The box with insulation sounds like an OK idea...


----------



## thelightingmancan (Apr 18, 2008)

I used one last year in a production of Fiddler on the Roof, for Anatevka in the end, it was a great effect. We took a box, and taped it onto the machine then cut out a hole for the snow to exit and stuffed all but the fan section with batting from a sewing store. We then built a little sound baffle for the output with cardboard flaps and more batting. This worked out fairly well.


----------



## Chris Chapman (Apr 18, 2008)

We have 2 in stock that we use pretty regularly. We've had some pretty good luck with wrapping the units in packing blankets, making sure the fan intake is clear.

I'd like to try the Broadway color scroller solution. 

I read about this trick in Lighting Dimensions a couple of years ago, so pardon me if I get some of the specifics wrong.

This trick was done by a couple of SOund Designers who were tired of the noise generated by all of the color scrollers in their space.

You record the sound of the unit, take it into your editing suite of choice, and then invert the wavelengths, creating a "negative" of the sound. Place monitor speakers by the unit, and when the cue happens when the units become live, you playback the "negative" sound. The two competing wavelengths "cancel" each other out and supposedly dramatically reduce the sound the audience hears. Played out individually, they may seem loud, but together they should be quieter.

Anyone ever try this?

-Chris


----------



## derekleffew (Apr 18, 2008)

Chris Chapman said:


> ...Anyone ever try this?...


Not quite the same application, but a certain show in a Las Vegas Hotel would play, at low level combined with the walk-in music, the sound of a roller coaster overhead, to "condition" the audience to become used to it, so it would be less of a distraction during the show. Seemed to be effective.

Back to your question, I know there are noise-canceling hearing protectors which work by reversing the phase and amplifying the sound, thus canceling the waveform. Sound insulation and dampening seems simpler and more feasible. City Theatrical manufacturers noise baffles for specific moving lights.


----------



## Pip (Apr 20, 2008)

derekleffew said:


> Not quite the same application, but a certain show in a Las Vegas Hotel would play, at low level combined with the walk-in music, the sound of a roller coaster overhead, to "condition" the audience to become used to it, so it would be less of a distraction during the show. Seemed to be effective.
> Back to your question, I know there are noise-canceling hearing protectors which work by reversing the phase and amplifying the sound, thus canceling the waveform. Sound insulation and dampening seems simpler and more feasible. City Theatrical manufacturers noise baffles for specific moving lights.

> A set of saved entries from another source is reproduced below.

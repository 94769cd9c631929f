-- ===== src/Agent/Lease/Spawns.antt =====
-- When internal/agent/lease.go starts a process.
use omj_agent.Base.{
  ⊎-cases, ℕ, ◌≡◌, refl, ◌⊎◌, inl, inr, String, Bool, true, false, ◌||◌, none, some, List, [],
  arith, All, All-append, subst, ap, sym, ◌∙◌, contains_func, str_eq, eq_iff, is_empty_str,
  Bool-cases,
}
use omj_agent.State.{RecentRun, recent_outcome}
use omj_agent.Client.Backoff.{Floats}
use omj_agent.Client.Retry.{RetryResult, done, running, failed, retry}
use omj_agent.Client.Retry.Outcomes.{Explains, retry-Explains, retry_inv}
use omj_agent.Agent.Types.{
  RunLease, Agent, Run, Spec, Event, start_run, finish_run, runner_start, process_cancel,
}
use omj_agent.Agent.Registry.{get, get_id}
use omj_agent.Agent.Outcomes.{resend_request}
use omj_agent.Agent.Terms.{VerifiedLease, verify, execution_user, deref}
use omj_agent.Agent.Lease.{
  Outside, start, start_backoff, attempt, spawn, handle_lease, acknowledge, spec_of,
}
use omj_agent.Agent.Lease.Verified.{IsGood, verify_iff, execution_user_lem}
use omj_agent.Agent.Lease.Cases.{IsNew, has_slot, handle_cases}

result_done :
    (r : RetryResult)
    → elim r [ done ↦ some true | failed e ↦ some false | running ↦ none ] ≡ some true
    → r ≡ done
result_done done e = refl
result_done running e = absurd (ground (arith, e))
result_done (failed x) e = absurd (ground (arith, e))

module _ (fl : Floats) (w : Outside fl) (lease : RunLease) (cancelled : Bool) (a : Agent) where
  -- What has to hold before a process is started.
  abbrev pub IsPermitted : Spec → Type 0
  IsPermitted spec =
      IsNew lease.run_id a
      × IsGood w.verified_at a lease
      × (cancelled ≡ false)
      × (has_slot a ≡ true)
      × ((i : ℕ) × (w.confirm i ≡ none))
      × (spec.run_id ≡ lease.run_id)
      × (spec.command ≡ lease.command)
      × (spec.machine_id ≡ lease.machine_id)
      × (spec.run_as ≡ deref lease.run_as)
      × ((is_empty_str spec.run_as || contains_func (λ n. str_eq n spec.run_as) a.run_as_allowed)
          ≡ true)

  -- What each call that the agent makes for the lease rests on.
  abbrev pub IsJustified : Event → Type 0
  IsJustified (start_run run_id request) =
      (run_id ≡ lease.run_id)
      × (((run : Run) × (get run_id a.registry ≡ some run) × (run.start_accepted ≡ true))
          ⊎ (IsNew run_id a × IsGood w.verified_at a lease × (has_slot a ≡ true)))
  IsJustified (finish_run run_id request) =
      (run_id ≡ lease.run_id)
      × ((o : RecentRun) × (recent_outcome run_id a.store ≡ some o) × (request ≡ resend_request o))
  IsJustified (runner_start spec) = IsPermitted spec
  IsJustified (process_cancel run_id reason) = ⊥

  acknowledge-IsJustified :
      (run : Run) → get lease.run_id a.registry ≡ some run → All IsJustified (acknowledge run)
  unfolding acknowledge
  acknowledge-IsJustified run g = elim (Bool-cases run.start_accepted) [
    | inr f ↦ rw (f, acknowledge) tt
    | inl t ↦
        let same = get_id lease.run_id a.registry run g in
        rw (t, acknowledge) ((same, inl (run, ap (λ k. get k a.registry) same ∙ g, t)), tt)
  ]

  start-IsJustified :
      (fuel : ℕ) (v : VerifiedLease)
      → IsNew lease.run_id a
      → verify w.verified_at a lease ≡ inr v
      → has_slot a ≡ true
      → All IsJustified (start fl w fuel v).1
  unfolding start
  start-IsJustified fuel v new e s =
      let same : v.lease.run_id ≡ lease.run_id =
        ap (λ x. x.lease.run_id) ((verify_iff w.verified_at a lease v).0 e).1 in
      let good = ((verify_iff w.verified_at a lease v).0 e).0 in
      retry_inv fl w.random (attempt fl w v) w.sleep (All IsJustified)
        (λ i es h.
          All-append IsJustified es _ h
            ((same, inr (subst (λ k. IsNew k a) (sym same) new, good, s)), tt))
        fuel 0 (start_backoff fl w) [] tt

  start-confirmed :
      (fuel : ℕ) (v : VerifiedLease)
      → (start fl w fuel v).0 ≡ some true
      → (i : ℕ) × (w.confirm i ≡ none)
  unfolding start
  start-confirmed fuel v e =
      let r = retry fl w.random (attempt fl w v) w.sleep fuel 0 (start_backoff fl w) [] in
      let (i, es, q) =
        subst (λ x. Explains fl w.random (attempt fl w v) w.sleep x r.state)
          (result_done r.result e)
          (retry-Explains fl w.random (attempt fl w v) w.sleep fuel 0 (start_backoff fl w) []) in
      (i, ap (λ x. x.1) q)

  spec-IsPermitted :
      (fuel : ℕ) (v : VerifiedLease) (user : String)
      → IsNew lease.run_id a
      → verify w.verified_at a lease ≡ inr v
      → cancelled ≡ false
      → has_slot a ≡ true
      → (start fl w fuel v).0 ≡ some true
      → execution_user a.run_as_allowed v.lease ≡ inr user
      → IsPermitted (spec_of a.conf v user)
  spec-IsPermitted fuel v user new e c s q u =
      let (good, limits) = (verify_iff w.verified_at a lease v).0 e in
      let same : v.lease ≡ lease = ap (λ x. x.lease) limits in
      let (name, allowed) = (execution_user_lem a.run_as_allowed v.lease user).0 u in
      (
        new,
        good,
        c,
        s,
        start-confirmed fuel v q,
        ap (λ l. l.run_id) same,
        ap (λ l. l.command) same,
        sym ((eq_iff lease.machine_id a.conf.machine_id).0 good.1),
        name ∙ ap (λ l. deref l.run_as) same,
        subst (λ n. (is_empty_str n || contains_func (λ m. str_eq m n) a.run_as_allowed) ≡ true)
            (sym name) allowed,
      )

  spawn-IsJustified :
      (fuel : ℕ) (v : VerifiedLease)
      → IsNew lease.run_id a
      → verify w.verified_at a lease ≡ inr v
      → cancelled ≡ false
      → has_slot a ≡ true
      → (start fl w fuel v).0 ≡ some true
      → All IsJustified (spawn fl w v a).1
  unfolding spawn
  spawn-IsJustified fuel v new e c s q = elim (⊎-cases (execution_user a.run_as_allowed v.lease)) [
    | inl (err, u) ↦ rw (u, spawn) tt
    | inr (user, u) ↦ rw (u, spawn) (spec-IsPermitted fuel v user new e c s q u, tt)
  ]

  -- A process is started only for a run that the agent neither owns nor has on record, that the
  -- server did not cancel, on a lease for this machine that has not expired and has a command, with
  -- a slot free, after the server confirmed the start, and as a user that the machine allows. A
  -- start is requested only for such a run or for one that is owned and accepted, and an outcome
  -- is sent again only for a run on record, as recorded.
  pub handle_lease-IsJustified :
      (fuel : ℕ) (a' : Agent) (es : List Event)
      → handle_lease fl w fuel lease cancelled a ≡ some (a', es)
      → All IsJustified es
  handle_lease-IsJustified fuel =
      handle_cases fl w fuel lease cancelled a (λ _ es. All IsJustified es)
        (λ run g. acknowledge-IsJustified run g) (λ o g r. ((refl, (o, r, refl)), tt))
        (λ err new e. tt) (λ v new e c. tt) (λ v new e c s. tt)
        (λ v new e c s q. start-IsJustified fuel v new e s)
        (λ v new e c s q.
          All-append IsJustified (start fl w fuel v).1 (spawn fl w v a).1
            (start-IsJustified fuel v new e s) (spawn-IsJustified fuel v new e c s q))
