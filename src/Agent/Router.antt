-- ===== src/Agent/Router.antt =====
-- crates/voice_server/src/agent/router.rs: the choice between the fast and the strong model.
use voice_ai.Base.{ℕ, length, ltb, if◌then◌else◌, Str, trim}
use voice_ai.Client.{ModelTier, fast, strong}

abbrev pub default_strong_min_chars : ℕ
default_strong_min_chars = 15

unfoldable pub route : Str → ModelTier
route input = if ltb (length (trim input)) default_strong_min_chars then fast else strong
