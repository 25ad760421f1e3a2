-- ===== src/Metrics.antt =====
-- crates/voice_server/src/metrics.rs: why a chat goes on to the strong model, and the guard of a run.
pub mod Guard

pub data EscalationReason : Type 0 where
  timeout empty_response provider_error : EscalationReason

Yeah, the best example of that is, albeit on a smaller scale, noise cancelling headphones, like Bose makes. I would imagine it would work...

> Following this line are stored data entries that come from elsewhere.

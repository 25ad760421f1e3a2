-- ===== src/Agent/Chat.antt =====
-- crates/voice_server/src/agent/llmagent.rs: `LlmAgent::chat`. What it does is the list of its acts, in
-- their order; a caller that drops the stream sees the acts up to the item it read last.
pub mod Protocol
pub mod Outcome
pub mod Shown
use voice_ai.Base.{
  ℕ, zero, suc, Bool, true, false, not, ◌&&◌, ◌||◌, Option, none, some, List, [], ◌∷◌, ◌++◌, map,
  is_empty, any, reverse, if◌then◌else◌, Str, str_eq, ◌is◌, codes, contains, to_ascii_lowercase,
  ◌==◌, between_codes, starts_with,
}
use voice_ai.Agent.Memory.{Role, user, assistant, Message, as_str, MemoryStore}
use voice_ai.Agent.Router.{route}
use voice_ai.Client.{
  ClientError, http, decode, Result, ok, err, LlmEvent, ModelTier, fast, strong, ChatMessage,
  LlmClient,
}
use voice_ai.Metrics.{EscalationReason, timeout, empty_response, provider_error}

unfoldable pub escalation_reason_for : ClientError → EscalationReason
unfolding contains to_ascii_lowercase
escalation_reason_for (http message) =
    if contains (codes "timeout") (to_ascii_lowercase message)
      || contains (codes "timed out") (to_ascii_lowercase message)
    then timeout
    else provider_error
escalation_reason_for _ = provider_error

abbrev pub empty_response_error : ClientError
empty_response_error = decode (codes "LLM returned an empty response")

pub data Act : Type 0 where
  routed : ModelTier → Act
  asks : ModelTier → List ChatMessage → Act
  escalated : EscalationReason → Act
  appends : Message → Act
  yields : LlmEvent → Act
  fails : ClientError → Act

abbrev pub is_fast : ModelTier → Bool
is_fast fast = true
is_fast strong = false

-- How a pass over the events of one answer ends: the events are over, `break` with a reason to
-- escalate, or the whole stream is over by `return` or `?`.
pub data Left : Type 0 where
  over : Left
  breaks : EscalationReason → Left
  stops : Left

-- The variables of the stream that outlive a round of the loop.
pub record Draft : Type 0 where
  pub assistant_buf : Str
  pub recorded_user : Bool

pub record Pass : Type 0 where
  pub acts : List Act
  pub draft : Draft
  pub visible : Bool
  pub left : Left

abbrev pub before : List Act → Pass → Pass
before as' p = record p { acts = as' ++ p.acts }

module _ (user_input : Str) where
  -- The text of an event: the user is recorded once, before the first one.
  unfoldable pub hear : Draft → Str → List Act × Draft
  hear v delta = if is_empty delta then ([], v) else (
    (if v.recorded_user then [] else appends (record { role = user; content = user_input }) ∷ []),
    record { assistant_buf = v.assistant_buf ++ delta; recorded_user = true },
  )

  -- A final event.
  unfoldable pub conclude : ModelTier → Draft → Bool → LlmEvent → Pass
  conclude tier v visible e =
      let quiet =
        if is_fast tier
        then record { acts = []; draft = v; visible = visible; left = breaks empty_response }
        else record {
          acts = fails empty_response_error ∷ [];
          draft = v;
          visible = visible;
          left = stops;
        } in
      if not visible then quiet else record {
        acts = appends (record { role = assistant; content = v.assistant_buf }) ∷ yields e ∷ [];
        draft = record v { assistant_buf = [] };
        visible = visible;
        left = stops;
      }

  unfoldable pub read_answer : ModelTier → Draft → Bool → List (Result LlmEvent) → Pass
  unfolding hear conclude
  read_answer tier v visible [] = record { acts = []; draft = v; visible = visible; left = over }
  read_answer tier v visible (err error ∷ es) =
      if is_fast tier && not visible
      then record {
        acts = [];
        draft = v;
        visible = visible;
        left = breaks (escalation_reason_for error);
      }
      else record { acts = fails error ∷ []; draft = v; visible = visible; left = stops }
  read_answer tier v visible (ok e ∷ es) =
      let (recorded, w) = hear v e.delta in
      let seen = not (is_empty e.delta) || visible in
      let shown = if seen then yields e ∷ [] else [] in
      let rest = read_answer tier w seen es in
      before recorded (if e.is_final then conclude tier w seen e else before shown rest)

-- What a caller of `chat` gives, and the clients of the agent.
pub record Turn (World : Type 0) : Type 0 where
  pub fast_llm : LlmClient World
  pub strong_llm : LlmClient World
  pub session_id : Str
  pub user_input : Str
  pub emotion_hint : Option Str

abbrev pub client_for : {World : Type 0} → Turn World → ModelTier → LlmClient World
client_for t fast = t.fast_llm
client_for t strong = t.strong_llm

-- One round of the loop, and the tier and the variables of the next one.
pub record Round (World : Type 0) : Type 0 where
  pub acts : List Act
  pub draft : Draft
  pub world : World
  pub next : Option ModelTier

abbrev pub escalates : {World : Type 0} → EscalationReason → Draft → World → Round World
escalates reason v w = record {
  acts = escalated reason ∷ [];
  draft = v;
  world = w;
  next = some strong;
}

-- After the events of an answer.
abbrev pub settle : {World : Type 0} → ModelTier → World → Draft → Bool → Left → Round World
settle tier w v visible stops = record { acts = []; draft = v; world = w; next = none }
settle tier w v visible (breaks reason) = escalates reason v w
settle strong w v false over = record {
  acts = fails empty_response_error ∷ [];
  draft = v;
  world = w;
  next = none;
}
settle fast w v false over = escalates empty_response v w
settle tier w v true over = record { acts = []; draft = v; world = w; next = none }

abbrev pub preceded : {World : Type 0} → List Act → Round World → Round World
preceded as' r = record r { acts = as' ++ r.acts }

abbrev pub after_attempt :
    {World : Type 0}
    → Str
    → ModelTier
    → Draft
    → World
    → Result (List (Result LlmEvent))
    → Round World
unfolding read_answer escalation_reason_for
after_attempt user_input tier v w (ok es) =
    let p = read_answer user_input tier v false es in
    preceded p.acts (settle tier w p.draft p.visible p.left)
after_attempt user_input fast v w (err error) = escalates (escalation_reason_for error) v w
after_attempt user_input strong v w (err error) = record {
  acts = fails error ∷ [];
  draft = v;
  world = w;
  next = none;
}

unfoldable pub round :
    {World : Type 0} → Turn World → List ChatMessage → ModelTier → Draft → World → Round World
round t messages tier v w =
    let (w', attempt) = client_for t tier t.session_id messages t.emotion_hint w in
    preceded (asks tier messages ∷ []) (after_attempt t.user_input tier v w' attempt)

-- `loop`, for a number of rounds at most; `none` when it is not over by then.
abbrev pub Rounds : Type 0 → Type 0
Rounds World = ModelTier → Draft → World → Option (List Act × World)

abbrev pub prepend :
    {World : Type 0} → List Act → Option (List Act × World) → Option (List Act × World)
prepend as' none = none
prepend as' (some (acts, w)) = some (as' ++ acts, w)

unfoldable pub go_on : {World : Type 0} → Rounds World → Round World → Option (List Act × World)
go_on next r = elim r.next [
  | none ↦ some (r.acts, r.world)
  | some tier ↦ prepend r.acts (next tier r.draft r.world)
]

unfoldable pub rounds : {World : Type 0} → Turn World → List ChatMessage → ℕ → Rounds World
unfolding round go_on
rounds t messages zero tier v w = none
rounds t messages (suc fuel) tier v w = go_on (rounds t messages fuel) (round t messages tier v w)

abbrev pub as_chat_message : Message → ChatMessage
as_chat_message m = record { role = as_str m.role; content = m.content }

-- `history` is what the store gives for the session.
unfoldable pub messages_of : List Message → Str → List ChatMessage
unfolding as_str
messages_of history user_input =
    map as_chat_message history ++ (record { role = as_str user; content = user_input } ∷ [])

abbrev pub no_draft : Draft
no_draft = record { assistant_buf = []; recorded_user = false }

unfoldable pub chat :
    {World : Type 0}
    → (fuel : ℕ) → Turn World
    → (history : List Message) → World
    → Option (List Act × World)
unfolding route messages_of rounds
chat fuel t history w =
    let tier = route t.user_input in
    prepend (routed tier ∷ []) (rounds t (messages_of history t.user_input) fuel tier no_draft w)

-- The tier that `LlmAgent::chat_with_messages` chooses: by the last message of the user.
unfoldable pub last_user : List ChatMessage → Option Str
last_user [] = none
last_user (m ∷ ms) = elim (last_user ms) [
  | some content ↦ some content
  | none ↦ if m.role is as_str user then some m.content else none
]

unfoldable pub tier_by : Option Str → ModelTier
tier_by none = fast
tier_by (some content) = route content

unfoldable pub tier_of : List ChatMessage → ModelTier
unfolding last_user tier_by
tier_of messages = tier_by (last_user messages)

unfoldable pub chat_with_messages :
    {World : Type 0}
    → Turn World
    → List ChatMessage
    → World
    → List Act × (World × Result (List (Result LlmEvent)))
unfolding tier_of
chat_with_messages t messages w =
    let tier = tier_of messages in
    (
      routed tier ∷ asks tier messages ∷ [],
      client_for t tier t.session_id messages t.emotion_hint w,
    )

Although covering it up physically may be the apparent best way to deal with the sound, the user's manual specifically says it needs a fairly good amount of space around it for ventilation...
http://www.newcenturylighting.com/pdf/Le_Maitre/manuals/True North Snow Machine man.pdf


----------



## Grog12 (Apr 21, 2008)

derekleffew said:


> Not quite the same application, but a certain show in a Las Vegas Hotel would play, at low level combined with the walk-in music, the sound of a roller coaster overhead, to "condition" the audience to become used to it, so it would be less of a distraction during the show. Seemed to be effective.



Haha I miss Vegas...


----------